Proved developed producing reserves
Proved reserves that can be expected to be recovered from currently producing zones under
the continuation of present operating methods.
Proved reserves
Those quantities of oil and gas, which, by analysis of geoscience and engineering data, can
be estimated with reasonable certainty to be economically producible - from a given date
forward, from known reservoirs, and under existing conditions, operating methods, and
government regulations prior to the time at which contracts providing the right to operate
expire, unless evidence indicates that renewal is reasonable certain, regardless of whether
deterministic or probabilistic methods are used for the estimation.
Proved reserves that are expected to be recovered from new wells on undrilled acreage, or
from existing wells where a relatively major expenditure is required for recompletion.
Recompletion
A recompletion occurs when we reenter a well to complete (i.e., perforate) a new formation
different from that in which a well has previously been completed.
Refrac or refracture
A refrac is when we stimulate the present producing zone of a well to increase production,
using hydraulic, acid, gravel, etc. fracture techniques.
Reserve replacement
Calculated by dividing the sum of reserve additions from all sources (revisions, extensions,
discoveries and other additions and acquisitions) by the actual production for the
corresponding period. We use the reserve replacement ratio as an indicator of our ability to
replenish annual production volumes and grow our reserves, thereby providing some
information on the sources of future production. It should be noted that the reserve
replacement ratio is a statistical indicator that has limitations. As an annual measure, the
ratio is limited because it typically varies widely based on the extent and timing of new
discoveries and property acquisitions. Its predictive and comparative value is also limited
for the same reasons. In addition, since the ratio does not imbed the cost or timing of future
production of new reserves, it cannot be used as a measure of value creation.
Reserves
Estimated remaining quantities of oil and gas and related substances anticipated to be
economically producible, as of a given date, by application of development projects to
known accumulations.

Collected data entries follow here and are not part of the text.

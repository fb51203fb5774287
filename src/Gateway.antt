-- ===== src/Gateway.antt =====
-- gateway_core.rs: what becomes of one message of a client.
pub mod Relay
pub mod Handle
pub mod Client
mod Tests
pub mod Published
pub mod Outcomes
use rust_http3_gateway.Prelude.{
  ℕ, ℤ, Bool, true, false, not, ◌&&◌, ◌||◌, String, List, [], ◌∷◌, ◌++◌, Option, none, some,
  and_then, or_option, unwrap_or, filter_option, ◌==◌, is_empty, is_nil, trim, to_lowercase,
  Unicode, concat, sort_by, byte_length, if◌then◌else◌, map,
}
use text.Mathlib.Text.{is_le}
use Prim.Native.String.{compare}
use mathlib.Core.Option
use rust_http3_gateway.Json.{Json, event_text, str_field, text_field, named_field}
use rust_http3_gateway.Message.{
  InternalMessage, MessageFlags, extract_channel_id, extract_payload, extract_flags, flags_json,
}
use rust_http3_gateway.Routes.Types.{
  CommandSpec, RelayAuthorizationSpec, RoutingClass, is_no_auth, is_gateway_local, is_relay_hotpath,
  is_backend_control, routing_class_as_str, message_type_as_str,
}
use rust_http3_gateway.Routes.{resolve_command_spec, resolve_relay_authorization_spec}
use rust_http3_gateway.State.Types.{GatewayState, ConnectionInfo, code}
use rust_http3_gateway.State.RequestRoutes.{bind_request_route}
use rust_http3_gateway.State.Readiness.{mark_session_ready, mark_connection_alive}
use rust_http3_gateway.State.Dispatch.{send_to_subjects, send_to_connection}
use rust_http3_gateway.State.RelayLimits.{ok, err}
use rust_http3_gateway.State.RelayAuth.{authorize_relay_hotpath}

-- The readings of the clock of one call, in the order of the code, and the new id.
pub record Readings : Type 0 where
  pub alive_at : ℤ
  pub bound_at : ℤ
  pub ready_at : ℤ
  pub authorized_at : ℤ
  pub requeued_at : ℤ
  pub error_at : ℤ
  pub timestamp_ms : ℤ
  pub internal_id : String

-- One `XADD` to a stream of Redis: the stream, and the text of the field `data`.
pub record StreamEntry : Type 0 where
  pub stream : String
  pub body : String

pub record RelayTargets : Type 0 where
  pub emails : List String
  pub subjects : List String

-- An outcome of the whole call: the state and what is published, or a panic.
pub data Handled : Type 0 where
  done : GatewayState → List StreamEntry → Handled
  panics : GatewayState → Handled

-- An outcome of the relay: the call returns, goes on, or panics.
pub data Relayed : Type 0 where
  returns goes_on relay_panics : GatewayState → Relayed

-- An error that is sent to the client: its code and its text.
pub record CommandError : Type 0 where
  pub error : String
  pub message : String

abbrev pub string_le : String → String → Bool
string_le a b = is_le (compare a b)

-- `dedup`: of equal neighbours the first stays.
unfoldable pub dedup : List String → List String
dedup [] = []
dedup (x ∷ xs) = keep_unless_equal x (dedup xs)
  where
    keep_unless_equal : String → List String → List String
    keep_unless_equal x [] = x ∷ []
    keep_unless_equal x (y ∷ ys) = if x == y then y ∷ ys else x ∷ y ∷ ys

module _ ⦃u : Unicode⦄ ⦃j : Json⦄ where
  open j use {
    Value, string, integer, array, object, get, set, as_str, as_array, from_str, to_string,
  }

  unfoldable pub append_target_variants : String → RelayTargets → RelayTargets
  append_target_variants value targets =
      let trimmed = trim value in
      let normalized = to_lowercase trimmed in
      if is_empty trimmed then targets else record {
        emails = targets.emails ++ normalized ∷ [];
        subjects =
            targets.subjects
            ++ concat ("user:" ∷ trimmed ∷ []) ∷ concat ("user:" ∷ normalized ∷ []) ∷ [];
      }

  unfoldable pub append_recipients : List Value → RelayTargets → RelayTargets
  append_recipients [] targets = targets
  append_recipients (item ∷ rest) targets =
      append_recipients rest
        (elim (as_str item) [ none ↦ targets | some email ↦ append_target_variants email targets ])

  unfoldable pub collect_relay_targets : Value → RelayTargets
  unfolding append_target_variants append_recipients
  collect_relay_targets value =
      let first : RelayTargets = elim (str_field "to" value) [
        | none ↦ record { emails = []; subjects = [] }
        | some target ↦ append_target_variants target (record { emails = []; subjects = [] })
      ] in
      let all_targets =
        append_recipients (unwrap_or (and_then (get "recipients" value) as_array) []) first in
      record {
        emails = dedup (sort_by string_le all_targets.emails);
        subjects = dedup (sort_by string_le all_targets.subjects);
      }

  unfoldable pub error_text : String → CommandError → ℤ → Option String
  error_text command e now_ts = event_text (
      object (
        ("type", string "gateway_command_error")
        ∷ ("command", string command)
        ∷ ("error", string e.error)
        ∷ ("message", string e.message)
        ∷ ("ts", integer now_ts)
        ∷ []))

  module _ (live : ℕ → Bool) where
    unfoldable pub send_gateway_command_error :
        GatewayState → String → String → CommandError → ℤ → GatewayState
    unfolding send_to_connection error_text
    send_gateway_command_error state connection_id command e now_ts =
        elim (error_text command e now_ts) [
          | none ↦ state
          | some message ↦ (send_to_connection live state connection_id message).0
        ]
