-- ===== src/State/RelayAuth/Soundness.antt =====
-- What an authorised relay command is known to satisfy, and what a refused one leaves behind.
use rust_http3_gateway.Prelude.{
  ℕ, ◌<◌, ℤ, ◌≤ℤ◌, true, false, String, List, [], ◌∷◌, Option, some, lookup, ◌==◌, is_empty, is_nil,
  trim, to_lowercase, Unicode, any, ◌≡◌, refl, arith, In, here, there, eq_iff, Option-cases, inl,
  inr, ◌⊎◌,
}
use rust_http3_gateway.Routes.Types.{RelayAuthorizationSpec, same_context_type, same_scope_mode}
use rust_http3_gateway.State.Types.{
  GatewayState, RelayOperationContext, RelaySubjectContexts, RelayAuthDecision, RelayAuthError,
  active, is_relay_permitted,
}
use rust_http3_gateway.State.RelayContexts.{sanitize_email}
use rust_http3_gateway.State.RelayLimits.{Result, ok}
use rust_http3_gateway.State.RelayAuth.{
  RelayRequest, ContextCheck, skip, refuse, pass, targets_in_scope, check_context, admit,
  authorize_each, authorize_subject, is_too_large, authorize_relay_hotpath,
}

pub check_cases :
    (c : ContextCheck) → (c ≡ pass) ⊎ ((c ≡ skip) ⊎ ((e : RelayAuthError) × (c ≡ refuse e)))
check_cases pass = inl refl
check_cases skip = inr (inl refl)
check_cases (refuse e) = inr (inr (e, refl))

module _ ⦃u : Unicode⦄ where
  -- The context grants the request.
  pub record Grants (request : RelayRequest) (context : RelayOperationContext) : Type 0 where
    pub same_type :
        same_context_type context.context_type request.auth_spec.relay_context_type ≡ true
    pub same_key : context.operation_key ≡ request.operation_key
    pub family :
        any
          (λ f. f == to_lowercase (trim request.auth_spec.command_family))
          context.allowed_command_families
        ≡ true
    pub bound : context.authorized_subject ≡ request.sender
    pub has_grant : is_empty (trim context.grant.grant_id) ≡ false
    pub versioned : 0 < context.policy_version
    pub same_version : context.policy_version ≡ context.grant.policy_version
    pub unexpired : request.now_ts ≤ℤ context.expires_at
    pub grant_unexpired : request.now_ts ≤ℤ context.grant.expires_at
    pub same_mode :
        same_scope_mode context.audience_scope.mode request.auth_spec.audience_scope_mode ≡ true
    pub in_scope : targets_in_scope context.audience_scope.peers request.target_emails ≡ true
    pub is_active : context.state ≡ active

  check_context-Grants :
      (request : RelayRequest) (context : RelayOperationContext)
      → check_context request context ≡ pass
      → Grants request context
  unfolding check_context is_relay_permitted
  check_context-Grants request context h = record {
    same_type = ground arith;
    same_key = ground (arith, eq_iff context.operation_key request.operation_key);
    family = ground arith;
    bound = ground (arith, eq_iff context.authorized_subject request.sender);
    has_grant = ground arith;
    versioned = ground arith;
    same_version = ground arith;
    unexpired = ground arith;
    grant_unexpired = ground arith;
    same_mode = ground arith;
    in_scope = ground arith;
    is_active = ground arith;
  }

  -- Why a command was authorised: the context of the sender that grants it.
  pub record IsAuthorized (state : GatewayState) (request : RelayRequest)
      (decision : RelayAuthDecision) : Type 0 where
    pub subject_contexts : RelaySubjectContexts
    pub context : RelayOperationContext
    pub stored : lookup request.sender state.relay_contexts_by_subject ≡ some subject_contexts
    pub place : In context subject_contexts.contexts
    pub grants : Grants request context
    pub same_id : decision.context_id ≡ context.context_id
    pub same_version : decision.policy_version ≡ context.policy_version

  admit_decision :
      (state : GatewayState) (request : RelayRequest) (context : RelayOperationContext)
      (decision : RelayAuthDecision)
      → (admit state request context).1 ≡ ok decision
      → (decision.context_id ≡ context.context_id)
        × (decision.policy_version ≡ context.policy_version)
  unfolding admit
  admit_decision state request context decision h = (ground arith, ground arith)

  authorize_each_granted :
      (state : GatewayState) (request : RelayRequest) (contexts : List RelayOperationContext)
      (decision : RelayAuthDecision)
      → (authorize_each state request contexts).1 ≡ ok decision
      → (context : RelayOperationContext) × In context contexts
        × (check_context request context ≡ pass)
        × ((admit state request context).1 ≡ ok decision)
  unfolding authorize_each
  authorize_each_granted state request [] decision h = cc
  authorize_each_granted state request (c ∷ rest) decision h =
      elim (check_cases (check_context request c)) [
        | inl passed ↦ (c, here refl, passed, rw (passed, authorize_each) at h)
        | inr (inl skipped) ↦
            let (context, place, passed, e) =
              authorize_each_granted state request rest decision
                (rw (skipped, authorize_each) at h) in
            (context, there place, passed, e)
        | inr (inr (e, refused)) ↦ cc (rw (refused, authorize_each) at h)
      ]

  -- A call is authorised only for a sender that is named, with an operation key, a target and a
  -- payload within the limit, and by a context of that sender which grants the request.
  pub record IsCallAuthorized (state : GatewayState) (sender_email : String)
      (operation_key : String) (targets : List String) (size : Option ℕ) (request : RelayRequest)
      (decision : RelayAuthDecision) : Type 0 where
    pub same_sender : sanitize_email sender_email ≡ some request.sender
    pub keyed : is_empty (trim operation_key) ≡ false
    pub targeted : is_nil targets ≡ false
    pub small : is_too_large size ≡ false
    pub authorized : IsAuthorized state request decision

  module _ (state : GatewayState) (sender command : String) (spec : RelayAuthorizationSpec)
      (key : String) (targets : List String) (replay_nonce : Option String) (size : Option ℕ)
      (now_ts : ℤ) (decision : RelayAuthDecision) where
    abbrev pub request_of : String → RelayRequest
    request_of normalized = record {
      sender = normalized;
      command_name = command;
      auth_spec = spec;
      operation_key = trim key;
      target_emails = targets;
      replay_nonce = replay_nonce;
      now_ts = now_ts;
    }

    abbrev pub the_call : GatewayState × Result RelayAuthDecision
    the_call =
        authorize_relay_hotpath state sender command spec key targets replay_nonce size now_ts

    call_opens :
        the_call.1 ≡ ok decision
        → (normalized : String) × (sc : RelaySubjectContexts) × (sanitize_email sender
            ≡ some normalized)
          × (lookup normalized state.relay_contexts_by_subject ≡ some sc)
          × (is_empty (trim key) ≡ false)
          × (is_nil targets ≡ false)
          × (is_too_large size ≡ false)
          × ((authorize_each state (request_of normalized) sc.contexts).1 ≡ ok decision)
    unfolding authorize_relay_hotpath authorize_subject
    call_opens h = elim (Option-cases (sanitize_email sender)) [
      | inl e ↦ cc (rw (e, authorize_relay_hotpath) at h)
      | inr (n, e) ↦ elim (Option-cases (lookup n state.relay_contexts_by_subject)) [
        | inl f ↦ let r : ⊥ = ground arith in absurd r
        | inr (sc, f) ↦ (n, sc, e, f, ground arith, ground arith, ground arith, ground arith)
      ]
    ]

    -- A call that returns a decision has a sender that is named, an operation key, a target and
    -- a payload within the limit; a context stored for the normalised sender grants the request,
    -- and the decision has the id and the policy version of that context.
    pub authorize_relay_hotpath_sound :
        the_call.1 ≡ ok decision
        → (normalized : String) × IsCallAuthorized state sender key targets size
            (request_of normalized)
            decision
    authorize_relay_hotpath_sound h =
        let (n, sc, e, f, keyed, targeted, small, each) = call_opens h in
        let (context, place, passed, admitted) =
          authorize_each_granted state (request_of n) sc.contexts decision each in
        let (id, version) = admit_decision state (request_of n) context decision admitted in
        (
          n,
          record {
            same_sender = e;
            keyed = keyed;
            targeted = targeted;
            small = small;
            authorized = record {
              subject_contexts = sc;
              context = context;
              stored = f;
              place = place;
              grants = check_context-Grants (request_of n) context passed;
              same_id = id;
              same_version = version;
            };
          },
        )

In addition, there must exist, or there must be a reasonable
expectation that there will exist, the legal right to produce or a revenue interest in the
production, installed means of delivering oil and gas or related substance to market, and all
permits and financing required to implement the project.
Royalty
An interest in an natural gas and oil lease that gives the owner of the interest the right to
receive a portion of the production from the leased acreage (or of the proceeds of the sale
thereof), but generally does not require the owner to pay any portion of the costs of drilling
or operating the wells on the leased acreage. Royalties may be either landowners royalties,
which are reserved by the owner of the leased acreage at the time the lease is granted, or
overriding royalties, which are usually reserved by an owner of the leasehold in connection
with a transfer to a subsequent owner.
SEC PV-10
The present value of proved reserves based on 12-month average commodity prices,
discounted at a rate of 10% per annum.
Trunk Line
A pipeline for the transportation of oil or natural gas from producing areas to refineries or
terminals.
Undeveloped acreage
Leased acreage on which wells have not been drilled or completed to a point that would
permit the production of commercial quantities of natural gas and oil, regardless of whether
such acreage contains proved reserves.
Wellbore
A physical hole that makes up the well, and can be cased, open or a combination of both.
Working interest
An interest in an natural gas and oil lease that gives the owner of the interest the right to
drill for and produce natural gas and oil on the leased acreage and requires the owner to pay
a share of the costs of drilling and production operations. The share of production to which
a working interest is entitled will be smaller than the share of costs that the working interest
owner is required to bear to the extent of any royalty burden.